Write out the lines starting at the one that holds "with_events = record" and ending with the final line of the data, exactly and with no others.

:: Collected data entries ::
--------------------------------

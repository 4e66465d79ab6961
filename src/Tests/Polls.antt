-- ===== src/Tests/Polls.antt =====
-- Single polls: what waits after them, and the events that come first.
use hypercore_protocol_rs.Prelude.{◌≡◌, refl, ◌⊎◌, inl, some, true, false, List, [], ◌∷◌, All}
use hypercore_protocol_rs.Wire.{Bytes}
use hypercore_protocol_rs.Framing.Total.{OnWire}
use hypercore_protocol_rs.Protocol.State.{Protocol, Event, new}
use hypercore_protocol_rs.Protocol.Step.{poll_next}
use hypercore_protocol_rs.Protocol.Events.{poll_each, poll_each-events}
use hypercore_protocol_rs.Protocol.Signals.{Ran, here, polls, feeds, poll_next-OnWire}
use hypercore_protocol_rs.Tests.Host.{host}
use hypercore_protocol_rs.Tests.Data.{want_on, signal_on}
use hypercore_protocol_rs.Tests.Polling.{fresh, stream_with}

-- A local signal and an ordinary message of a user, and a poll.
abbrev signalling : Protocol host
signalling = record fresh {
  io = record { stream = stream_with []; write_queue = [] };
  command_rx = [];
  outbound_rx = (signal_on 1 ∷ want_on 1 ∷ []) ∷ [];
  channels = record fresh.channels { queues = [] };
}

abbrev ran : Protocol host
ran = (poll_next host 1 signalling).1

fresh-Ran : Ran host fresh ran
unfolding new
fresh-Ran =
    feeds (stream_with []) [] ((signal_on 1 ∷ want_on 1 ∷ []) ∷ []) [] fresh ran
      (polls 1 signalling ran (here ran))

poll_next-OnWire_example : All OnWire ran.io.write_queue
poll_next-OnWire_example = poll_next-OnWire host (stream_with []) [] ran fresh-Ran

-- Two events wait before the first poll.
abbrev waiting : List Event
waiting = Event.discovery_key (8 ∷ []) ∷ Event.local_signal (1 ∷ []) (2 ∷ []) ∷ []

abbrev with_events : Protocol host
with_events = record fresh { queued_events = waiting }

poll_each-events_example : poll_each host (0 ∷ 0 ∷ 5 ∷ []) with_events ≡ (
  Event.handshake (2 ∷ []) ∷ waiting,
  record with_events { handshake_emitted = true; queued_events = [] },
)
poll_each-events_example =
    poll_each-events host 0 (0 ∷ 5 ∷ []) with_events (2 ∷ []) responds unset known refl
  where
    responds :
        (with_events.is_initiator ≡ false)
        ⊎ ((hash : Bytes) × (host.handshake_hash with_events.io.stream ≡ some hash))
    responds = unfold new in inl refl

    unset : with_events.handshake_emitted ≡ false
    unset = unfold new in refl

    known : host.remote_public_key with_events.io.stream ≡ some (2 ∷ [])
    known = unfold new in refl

--------------------------------

:: TASK OUTPUT ::
with_events = record fresh { queued_events = waiting }

poll_each-events_example : poll_each host (0 ∷ 0 ∷ 5 ∷ []) with_events ≡ (
  Event.handshake (2 ∷ []) ∷ waiting,
  record with_events { handshake_emitted = true; queued_events = [] },
)
poll_each-events_example =
    poll_each-events host 0 (0 ∷ 5 ∷ []) with_events (2 ∷ []) responds unset known refl
  where
    responds :
        (with_events.is_initiator ≡ false)
        ⊎ ((hash : Bytes) × (host.handshake_hash with_events.io.stream ≡ some hash))
    responds = unfold new in inl refl

    unset : with_events.handshake_emitted ≡ false
    unset = unfold new in refl

    known : host.remote_public_key with_events.io.stream ≡ some (2 ∷ [])
    known = unfold new in refl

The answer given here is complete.